Detecting pitch with the Web Audio API and autocorrelation

fxtentacle · on March 22, 2022

As someone who has worked in pitch recognition for a piano app, I'm doubtful that autocorrelation can work. Typically, the energy in overtones is much larger than the energy in the base pitch, which is also why phantom bass works so well in EDM.

Also, the plucking sound when the hammer hits the string is much closer to pink noise than to its actual pitch. I'd expect an autocorrelation to have plenty of false positives there.

FFT with remapping between bins works well. The remapping can accumulate the energy of overtones into the frequency bins of possible base pitches, thereby resolving the ambiguity.

omnicognate · on March 22, 2022

Autocorrelation is the simplest and worst pitch detection algorithm. It's highly prone to "octave errors" (not necessarily off by an actual octave, it's just the term for detecting a harmonic/subharmonic of the "true" pitch).

Pitch detection algorithms are a fascinating rabbit hole, and designing a good one for a given set of requirements is a real art.

Edit: One thing autocorrelation is quite effective for is autotune. Here, you need to snap to the nearest (12-tone equal temperament) note, and it turns out the ratio you calculate to perform that correction is unaffected by the most common octave errors. Eg. If I detect your slightly flat D4 as a slightly flat D5, the correction to get to the nearby D is the same.

lostmsu · on March 22, 2022

Any good place to get a summary of pitch detection algorithms?

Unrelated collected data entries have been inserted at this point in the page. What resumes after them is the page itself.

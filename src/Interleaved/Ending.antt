-- ===== src/Interleaved/Ending.antt =====
-- How long a round of `pollJobsToExecute` may go on (lib/poller.js).
use wax_rng_oracle.Prelude.{
  ℕ, ◌+◌, ◌*◌, ◌≤◌, ◌<◌, String, ◌≡◌, not, ◌&&◌, Option, none, some, List, [], ◌∷◌, arith,
  Bool-cases, inl, inr, includes, text_eq, length,
}
use wax_rng_oracle.Dict.{lookup}
use wax_rng_oracle.Model.{Job}
use wax_rng_oracle.RngPusher.{
  RpcJson, no_error, no_detail, detail, Thrown, rpc, type_error, other, Pushed, sent, refused,
  silent, threw, refuse, setrand_refusals, markfailed_refusals, accepted,
}
use wax_rng_oracle.Storage.{Failure}
use wax_rng_oracle.Poller.{
  State, Member, Outside, count, acts_on, is_known_key_version, job_collision,
}
use wax_rng_oracle.Poller.SetPart.{message}
use wax_rng_oracle.Poller.Execute.{usable}
use wax_rng_oracle.Interleaved.Own.{known-is_known, unknown-is_known}
use wax_rng_oracle.Interleaved.Results.{
  Trouble, uncombined, crash, ResultPc, resting, sending, recalling, writing, marking, mark_posting,
  posting, Begun, passes, stops, sends, use_hash, log_hash, act, next_result, after_send, catch_rpc,
  catch_thrown, written, after_marking, ResultMove, loaded, not_loaded, answers, reads, writes,
  is_marked, mark_is_posted, is_posted,
}
use wax_rng_oracle.Interleaved.System.{
  System, part, result, delivery, cleans, clears, clears_delivered, monitors, Runs, done, later,
}

-- A bound on the waits that are left: at most six for each job.
abbrev pub waits_left : ResultPc → ℕ
waits_left (resting last) = 0
waits_left (sending signature job jobs) = 6 + 6 * length jobs
waits_left (recalling t job jobs found) = 5 + 6 * length jobs
waits_left (writing t job jobs) = 4 + 6 * length jobs
waits_left (marking jobs) = 3 + 6 * length jobs
waits_left (mark_posting jobs) = 2 + 6 * length jobs
waits_left (posting jobs) = 1 + 6 * length jobs

abbrev Within : ℕ → ResultPc × State → Type 0
Within n r = waits_left r.0 ≤ n

module _ (m : Member) (o : Outside) where
  act-Within :
      (job : Job) (jobs : List Job) (rest : ResultPc × State) (b : Begun) (s : State)
      → Within (6 * length jobs) rest
      → Within (6 * length (job ∷ jobs)) (act m job jobs rest b s)
  act-Within job jobs rest passes s h = omega (arith, h)
  act-Within job jobs rest (stops t) s h = omega arith
  act-Within job jobs rest (sends signature) s h = omega arith

  pub next_result-Within :
      (jobs : List Job) (s : State) → Within (6 * length jobs) (next_result m o jobs s)
  unfolding next_result
  next_result-Within [] s = omega arith
  next_result-Within (job ∷ jobs) s = elim (Bool-cases (acts_on m.active_key_version job.ver)) [
    | inl known ↦
        let logged = log_hash m o job (message o job) s in
        rw (known-is_known m job s known) (
          act-Within job jobs _ (use_hash m o job (message o job)) logged
            (next_result-Within jobs logged))
    | inr unknown ↦
        let s1 = (is_known_key_version m job s).1 in
        let h : waits_left (next_result m o jobs s1).0 ≤ 6 * length jobs =
          next_result-Within jobs s1 in
        rw (unknown-is_known m job s unknown) (omega (arith, h))
  ]

  after_send-Within :
      (signature : String) (job : Job) (jobs : List Job) (p : Pushed) (s : State)
      → Within (5 + 6 * length jobs) (after_send m o signature job jobs p s)
  after_send-Within signature job jobs (threw e) s = omega arith
  after_send-Within signature job jobs (sent id) s = omega (arith, next_result-Within jobs _)
  after_send-Within signature job jobs refused s = omega (arith, next_result-Within jobs _)
  after_send-Within signature job jobs silent s = omega (arith, next_result-Within jobs _)

  module _ (f : Failure) (jobs : List Job) (s : State) where
    collided-Within : Within (3 + 6 * length jobs) (next_result m o jobs (count job_collision s))
    collided-Within = omega (arith, next_result-Within jobs (count job_collision s))

    catch_rpc-Within :
        (signature : Option String) (j : RpcJson)
        → Within (3 + 6 * length jobs) (catch_rpc m o f jobs signature j s)
    catch_rpc-Within signature no_error = omega arith
    catch_rpc-Within none no_detail = omega arith
    catch_rpc-Within (some signature) no_detail = elim (Bool-cases (usable signature)) [
      | inl worth ↦ rw worth (omega arith)
      | inr idle ↦ rw idle (omega arith)
    ]
    catch_rpc-Within none (detail text) = elim (Bool-cases (includes text "no request found")) [
      | inl found ↦ rw found collided-Within
      | inr new ↦ rw new (omega arith)
    ]
    catch_rpc-Within (some signature) (detail text) =
        elim (Bool-cases (includes text "no request found")) [
          | inl found ↦ rw found collided-Within
          | inr new ↦ elim (Bool-cases (usable signature && not (text_eq text ""))) [
            | inl worth ↦ rw (new, worth) (omega arith)
            | inr idle ↦ rw (new, idle) (omega arith)
          ]
        ]

    catch_thrown-Within :
        (signature : Option String) (e : Thrown)
        → Within (3 + 6 * length jobs) (catch_thrown m o f jobs signature e s)
    catch_thrown-Within signature (rpc j) = catch_rpc-Within signature j
    catch_thrown-Within signature type_error = omega arith
    catch_thrown-Within signature (other e) = omega arith

  written-Within :
      (now : ℕ) (t : Trouble) (jobs : List Job) (found : Option Failure) (s : State)
      → Within (3 + 6 * length jobs) (written m o now t jobs found s)
  written-Within now uncombined jobs found s = omega arith
  written-Within now (crash signature e) jobs none s = omega arith
  written-Within now (crash signature e) jobs (some f) s = catch_thrown-Within f jobs s signature e

  after_marking-Within :
      (jobs : List Job) (p : Pushed) (s : State)
      → Within (2 + 6 * length jobs) (after_marking jobs p s)
  after_marking-Within jobs (threw e) s = omega arith
  after_marking-Within jobs (sent id) s = omega arith
  after_marking-Within jobs refused s = omega arith
  after_marking-Within jobs silent s = omega arith

  abbrev pub Waits : ResultPc → Type 0
  Waits (resting last) = ⊥
  Waits _ = Unit

  -- Every step of the poll from a wait within its round leaves fewer.
  ResultMove-shortens :
      {listed : List Job} {s : State} {p : ResultPc} {r : ResultPc × State}
      → ResultMove m o listed s p r
      → Waits p
      → waits_left r.0 < waits_left p
  ResultMove-shortens (loaded jobs h) w = absurd w
  ResultMove-shortens (not_loaded e) w = absurd w
  ResultMove-shortens {s} (answers {signature} {job} {jobs} a) w =
      omega (arith, after_send-Within signature job jobs (refuse setrand_refusals a) s)
  ResultMove-shortens (reads now) w = omega arith
  ResultMove-shortens {s} (writes {t} {job} {jobs} now) w =
      omega (arith, written-Within now t jobs (lookup job.id s.db.failures) s)
  ResultMove-shortens {s} (is_marked {jobs} a) w =
      omega (arith, after_marking-Within jobs (refuse markfailed_refusals a) s)
  ResultMove-shortens mark_is_posted w = omega arith
  ResultMove-shortens {s} (is_posted {jobs}) w = omega (arith, next_result-Within jobs s)

module _ (m : Member) (o : Outside) (listed : List Job) where
  -- The steps of `pollJobsToExecute` among those of a run.
  unfoldable pub result_steps : {t u : System} → Runs m o listed t u → ℕ
  result_steps done = 0
  result_steps (later r (result mv)) = 1 + result_steps r
  result_steps (later r (part mv)) = result_steps r
  result_steps (later r (delivery mv)) = result_steps r
  result_steps (later r (cleans mv)) = result_steps r
  result_steps (later r (clears mv)) = result_steps r
  result_steps (later r (clears_delivered mv)) = result_steps r
  result_steps (later r (monitors max_job_pending pending)) = result_steps r

  -- None of them starts a new round.
  unfoldable pub InRound : {t u : System} → Runs m o listed t u → Type 0
  InRound done = Unit
  InRound (later {u} r (result mv)) = Waits m o u.results × InRound r
  InRound (later r (part mv)) = InRound r
  InRound (later r (delivery mv)) = InRound r
  InRound (later r (cleans mv)) = InRound r
  InRound (later r (clears mv)) = InRound r
  InRound (later r (clears_delivered mv)) = InRound r
  InRound (later r (monitors max_job_pending pending)) = InRound r

  shortens :
      {t u : System} (r : Runs m o listed t u)
      → InRound r
      → result_steps r + waits_left u.results ≤ waits_left t.results
  unfolding result_steps InRound
  shortens done h = omega arith
  shortens (later r (result mv)) h = omega (arith, shortens r h.1, ResultMove-shortens m o mv h.0)
  shortens (later r (part mv)) h = shortens r h
  shortens (later r (delivery mv)) h = shortens r h
  shortens (later r (cleans mv)) h = shortens r h
  shortens (later r (clears mv)) h = shortens r h
  shortens (later r (clears_delivered mv)) h = shortens r h
  shortens (later r (monitors max_job_pending pending)) h = shortens r h

  goes_on :
      (s : State) (p : ResultPc)
      → Waits m o p
      → (next : ResultPc × State) × ResultMove m o listed s p next
  goes_on s (resting last) w = absurd w
  goes_on s (sending signature job jobs) w = (_, answers (accepted ""))
  goes_on s (recalling t job jobs found) w = (_, reads 0)
  goes_on s (writing t job jobs) w = (_, writes 0)
  goes_on s (marking jobs) w = (_, is_marked (accepted ""))
  goes_on s (mark_posting jobs) w = (_, mark_is_posted)
  goes_on s (posting jobs) w = (_, is_posted)

  -- After it has loaded its jobs, `pollJobsToExecute` takes at most six steps for each of them in its
  -- round, whatever the other polls do between them; and as long as the round is not over, it can go
  -- on: no state of the process or of another poll keeps it waiting.
  pub round-Ends :
      (jobs : List Job) (s : State) (t u : System) (r : Runs m o listed t u)
      → t.results ≡ (next_result m o jobs s).0
      → InRound r
      → (result_steps r ≤ 6 * length jobs)
        × (Waits m o u.results
            → (next : ResultPc × State) × ResultMove m o listed u.shared u.results next)
  round-Ends jobs s t u r e h =
      let start : waits_left t.results ≤ 6 * length jobs = rw e (next_result-Within m o jobs s) in
      (omega (arith, shortens r h, start), goes_on u.shared u.results)
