-- ===== src/RngPusher/Refusals.antt =====
-- What the methods of lib/rngPusher.js throw on.
use wax_rng_oracle.Prelude.{String, ◌≡◌, false, List, arith}
use wax_rng_oracle.RngPusher.{
  RpcJson, no_error, no_detail, detail, rpc, type_error, other, Answer, accepted, failed, silent,
  threw, expected, refuse,
}

-- An `RpcError` that comes through has a message, and the message holds none of the phrases.
abbrev pub Unexpected : List String → RpcJson → Type 0
Unexpected phrases no_error = ⊥
Unexpected phrases no_detail = ⊥
Unexpected phrases (detail message) = expected phrases message ≡ false

pub refuse-rpc :
    (phrases : List String) (a : Answer) (j : RpcJson)
    → refuse phrases a ≡ threw (rpc j)
    → Unexpected phrases j
refuse-rpc phrases (accepted id) j e = cc
refuse-rpc phrases (failed (rpc no_error)) j e = cc
refuse-rpc phrases (failed (rpc no_detail)) j e = cc
refuse-rpc phrases (failed (rpc (detail m))) no_error e = ground arith
refuse-rpc phrases (failed (rpc (detail m))) no_detail e = ground arith
refuse-rpc phrases (failed (rpc (detail m))) (detail m') e = ground arith
refuse-rpc phrases (failed type_error) j e = cc
refuse-rpc phrases (failed (other x)) j e = cc

pub refuse-ne-silent : (phrases : List String) (a : Answer) → refuse phrases a ≡ silent → ⊥
refuse-ne-silent phrases (accepted id) e = cc
refuse-ne-silent phrases (failed (rpc no_error)) e = cc
refuse-ne-silent phrases (failed (rpc no_detail)) e = cc
refuse-ne-silent phrases (failed (rpc (detail m))) e = ground arith
refuse-ne-silent phrases (failed type_error) e = cc
refuse-ne-silent phrases (failed (other x)) e = cc
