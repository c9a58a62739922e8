-- ===== src/Interleaved/Unbroken.antt =====
-- How `pollJobsToExecute` keeps the record of a failed job while it waits.
use wax_rng_oracle.Prelude.{
  ℕ, String, ◌≡◌, refl, not, ◌&&◌, Option, none, some, List, [], ◌∷◌, arith, Bool-cases, inl, inr,
  includes, text_eq, ltb, length,
}
use wax_rng_oracle.Dict.{Dict, lookup, put, lookup-put}
use wax_rng_oracle.Model.{Job}
use wax_rng_oracle.RngPusher.{
  RpcJson, no_error, no_detail, detail, Thrown, rpc, type_error, other, Pushed, sent, refused,
  silent, threw, refuse, setrand_refusals, markfailed_refusals,
}
use wax_rng_oracle.RngPusher.Refusals.{Unexpected, refuse-rpc}
use wax_rng_oracle.ShareKey.{Combined, combined, combine_error, combine_threw}
use wax_rng_oracle.Storage.{Failure, failure_after}
use wax_rng_oracle.Poller.{
  State, Member, Outside, count, acts_on, job_collision, is_known_key_version,
}
use wax_rng_oracle.Poller.SetPart.{message}
use wax_rng_oracle.Poller.Execute.{usable, combination}
use wax_rng_oracle.Interleaved.Own.{known-is_known, unknown-is_known}
use wax_rng_oracle.Interleaved.Results.{
  Trouble, uncombined, crash, ResultPc, resting, recalling, writing, Begun, passes, stops, sends,
  use_combination, use_hash, log_hash, recall, act, next_result, after_send, meta_of, recalled,
  catch_rpc, catch_thrown, written, after_marking, ResultMove, loaded, not_loaded, answers, reads,
  writes, is_marked, mark_is_posted, is_posted,
}

-- An error that the `catch` block can read.
abbrev pub Readable : Trouble → Type 0
Readable (crash signature (rpc no_error)) = ⊥
Readable _ = Unit

-- The storage has a record of the job.
abbrev pub Recorded : Dict Failure → Job → Type 0
Recorded d job = (f : Failure) × (lookup job.id d ≡ some f)

-- While the poll waits between reading a record and reading it again, the record is there.
abbrev pub Unbroken : Dict Failure → ResultPc → Type 0
Unbroken d (resting none) = Unit
Unbroken d (resting (some e)) = ⊥
Unbroken d (recalling t job jobs none) = Readable t
Unbroken d (recalling t job jobs (some f)) = Readable t × Recorded d job
Unbroken d (writing t job jobs) = Readable t × Recorded d job
Unbroken d _ = Unit

abbrev Sound : ResultPc × State → Type 0
Sound r = Unbroken r.1.db.failures r.0

recall-Sound :
    (t : Trouble) (job : Job) (jobs : List Job) (s : State)
    → Readable t
    → Sound (recall t job jobs s)
recall-Sound t job jobs s h = split (lookup job.id s.db.failures) refl
  where
    split :
        (found : Option Failure)
        → lookup job.id s.db.failures ≡ found
        → Sound (recalling t job jobs found, s)
    split none e = h
    split (some f) e = (h, (f, e))

module _ (m : Member) (o : Outside) where
  abbrev Stops : Begun → Type 0
  Stops (stops t) = Readable t
  Stops _ = Unit

  use_combination-Stops : (c : Combined) → Stops (use_combination c)
  use_combination-Stops (combined signature d) = elim (Bool-cases (text_eq signature "")) [
    | inl blank ↦ rw blank tt
    | inr there ↦ rw there tt
  ]
  use_combination-Stops (combine_error code rejected) = tt
  use_combination-Stops combine_threw = tt

  use_hash-Stops : (job : Job) (hash : Option String) → Stops (use_hash m o job hash)
  use_hash-Stops job none = tt
  use_hash-Stops job (some hash) = elim (Bool-cases (ltb (length job.parts) m.threshold)) [
    | inl few ↦ rw few tt
    | inr many ↦ rw many (use_combination-Stops (combination m o job hash))
  ]

  act-Sound :
      (job : Job) (jobs : List Job) (rest : ResultPc × State) (b : Begun) (s : State)
      → Sound rest
      → Stops b
      → Sound (act m job jobs rest b s)
  act-Sound job jobs rest passes s k h = k
  act-Sound job jobs rest (stops t) s k h = recall-Sound t job jobs s h
  act-Sound job jobs rest (sends signature) s k h = tt

  next_result-Sound : (jobs : List Job) (s : State) → Sound (next_result m o jobs s)
  unfolding next_result
  next_result-Sound [] s = tt
  next_result-Sound (job ∷ jobs) s = elim (Bool-cases (acts_on m.active_key_version job.ver)) [
    | inl known ↦
        let logged = log_hash m o job (message o job) s in
        rw (known-is_known m job s known) (
          act-Sound job jobs _ (use_hash m o job (message o job)) logged
            (next_result-Sound jobs logged) (use_hash-Stops job (message o job)))
    | inr unknown ↦
        rw (unknown-is_known m job s unknown)
          (next_result-Sound jobs (is_known_key_version m job s).1)
  ]

  thrown-Readable :
      (signature : String) (e : Thrown)
      → ((j : RpcJson) → threw e ≡ threw (rpc j) → Unexpected setrand_refusals j)
      → Readable (crash (some signature) e)
  thrown-Readable signature (rpc no_error) h = h no_error refl
  thrown-Readable signature (rpc no_detail) h = tt
  thrown-Readable signature (rpc (detail text)) h = tt
  thrown-Readable signature type_error h = tt
  thrown-Readable signature (other e) h = tt

  after_send-Sound :
      (signature : String) (job : Job) (jobs : List Job) (p : Pushed) (s : State)
      → ((j : RpcJson) → p ≡ threw (rpc j) → Unexpected setrand_refusals j)
      → Sound (after_send m o signature job jobs p s)
  after_send-Sound signature job jobs (threw e) s h =
      recall-Sound (crash (some signature) e) job jobs s (thrown-Readable signature e h)
  after_send-Sound signature job jobs (sent id) s h = next_result-Sound jobs _
  after_send-Sound signature job jobs refused s h = next_result-Sound jobs _
  after_send-Sound signature job jobs silent s h = next_result-Sound jobs _

  Recorded-put :
      (now : ℕ) (job : Job) (meta : Option String) (old : Option Failure) (d : Dict Failure)
      → Recorded (put job.id (failure_after now job meta old) d) job
  Recorded-put now job meta old d = (failure_after now job meta old, rw lookup-put (ground arith))

  recalled-Sound :
      (now : ℕ) (t : Trouble) (job : Job) (jobs : List Job) (found : Option Failure) (s : State)
      → Unbroken s.db.failures (recalling t job jobs found)
      → Sound (recalled o now t job jobs found s)
  recalled-Sound now t job jobs none s h =
      (h, Recorded-put now job (meta_of o job t) none s.db.failures)
  recalled-Sound now t job jobs (some f) s (h, (g, e)) =
      (h, rw e (Recorded-put now job (meta_of o job t) (some g) s.db.failures))

  catch_rpc-Sound :
      (f : Failure) (jobs : List Job) (signature : Option String) (j : RpcJson) (s : State)
      → Readable (crash signature (rpc j))
      → Sound (catch_rpc m o f jobs signature j s)
  catch_rpc-Sound f jobs signature no_error s h = h
  catch_rpc-Sound f jobs none no_detail s h = tt
  catch_rpc-Sound f jobs (some signature) no_detail s h = elim (Bool-cases (usable signature)) [
    | inl worth ↦ rw worth tt
    | inr idle ↦ rw idle tt
  ]
  catch_rpc-Sound f jobs none (detail text) s h =
      elim (Bool-cases (includes text "no request found")) [
        | inl found ↦ rw found (next_result-Sound jobs (count job_collision s))
        | inr new ↦ rw new tt
      ]
  catch_rpc-Sound f jobs (some signature) (detail text) s h =
      elim (Bool-cases (includes text "no request found")) [
        | inl found ↦ rw found (next_result-Sound jobs (count job_collision s))
        | inr new ↦ elim (Bool-cases (usable signature && not (text_eq text ""))) [
          | inl worth ↦ rw (new, worth) tt
          | inr idle ↦ rw (new, idle) tt
        ]
      ]

  catch_thrown-Sound :
      (f : Failure) (jobs : List Job) (signature : Option String) (e : Thrown) (s : State)
      → Readable (crash signature e)
      → Sound (catch_thrown m o f jobs signature e s)
  catch_thrown-Sound f jobs signature (rpc j) s h = catch_rpc-Sound f jobs signature j s h
  catch_thrown-Sound f jobs signature type_error s h = tt
  catch_thrown-Sound f jobs signature (other e) s h = tt

  written-Sound :
      (now : ℕ) (t : Trouble) (job : Job) (jobs : List Job) (s : State)
      → Unbroken s.db.failures (writing t job jobs)
      → Sound (written m o now t jobs (lookup job.id s.db.failures) s)
  written-Sound now uncombined job jobs s h = tt
  written-Sound now (crash signature e) job jobs s (h, (f, there)) =
      rw there (catch_thrown-Sound f jobs signature e s h)

  after_marking-Sound : (jobs : List Job) (p : Pushed) (s : State) → Sound (after_marking jobs p s)
  after_marking-Sound jobs (threw e) s = tt
  after_marking-Sound jobs (sent id) s = tt
  after_marking-Sound jobs refused s = tt
  after_marking-Sound jobs silent s = tt

  -- The load of the jobs does not throw.
  abbrev pub Loads :
      {listed : List Job} {s : State} {p : ResultPc} {r : ResultPc × State}
      → ResultMove m o listed s p r
      → Type 0
  Loads (not_loaded e) = ⊥
  Loads _ = Unit

  pub ResultMove-Unbroken :
      {listed : List Job} {s : State} {p : ResultPc} {r : ResultPc × State}
      (mv : ResultMove m o listed s p r)
      → Loads mv
      → Unbroken s.db.failures p
      → Unbroken r.1.db.failures r.0
  ResultMove-Unbroken {s} (loaded jobs h) loads ok = next_result-Sound jobs s
  ResultMove-Unbroken (not_loaded e) loads ok = absurd loads
  ResultMove-Unbroken {s} (answers {signature} {job} {jobs} a) loads ok =
      after_send-Sound signature job jobs (refuse setrand_refusals a) s
        (refuse-rpc setrand_refusals a)
  ResultMove-Unbroken {s} (reads {t} {job} {jobs} {found} now) loads ok =
      recalled-Sound now t job jobs found s ok
  ResultMove-Unbroken {s} (writes {t} {job} {jobs} now) loads ok = written-Sound now t job jobs s ok
  ResultMove-Unbroken {s} (is_marked {jobs} a) loads ok =
      after_marking-Sound jobs (refuse markfailed_refusals a) s
  ResultMove-Unbroken mark_is_posted loads ok = tt
  ResultMove-Unbroken {s} (is_posted {jobs}) loads ok = next_result-Sound jobs s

omnicognate · on March 22, 2022

Not that I know of unfortunately. When I needed one I read a bunch of papers, tried out various open source ones and ended up designing one myself.

kotxig · on March 22, 2022

You can compute an autocorrelation with FFT's by applying the convolution theorem which IIRC the audio api can do the FFTs for you. I also found the the YIN estimator is a lot better as a time domain estimator http://audition.ens.fr/adc/pdf/2002_JASA_YIN.pdf and some years ago I worked out how to compute that estimator with FFTs also.

joren- · on March 22, 2022

For a Javascript YIN implementation, see https://github.com/peterkhayes/pitchfinder I have used it in a live spectrogram visualisation: https://0110.be/phd/presentation/spectrogram/live.html

dspig · on March 22, 2022

> One way to get around this would be to decrease bucket size by increasing the FFT size.

A better way is parabolic interpolation, which is in the source code but not mentioned in the article - and that works for finding the fractional position of peaks in the FFT or in the autocorrelation.

An even better way is by comparing the phase of the peak in two successive FFTs: If the signal phase has changed by X degrees after T seconds, what's the nearest frequency to the bin centre that can be true for? (this is the main thing a "phase vocoder" does)

PianoGym · on March 22, 2022

This is fantastic! I've been looking for a way to do this myself on my website https://pianogym.com!

Right now we rely heavily on MIDI input from the Web Audio API and it's been my dream to make it so any instrument can use the website!

You are so cool! Thank you for sharing this!

dr_dshiv · on March 22, 2022

How do you measure how dissonant a piece of music is, either at a given time or as a whole?

No one knows!

Assumptions:

1. Real music. I.e., should demonstrate that a punk song is more dissonant than a recording of Vivaldi.

2. Dissonance defined based on published literature.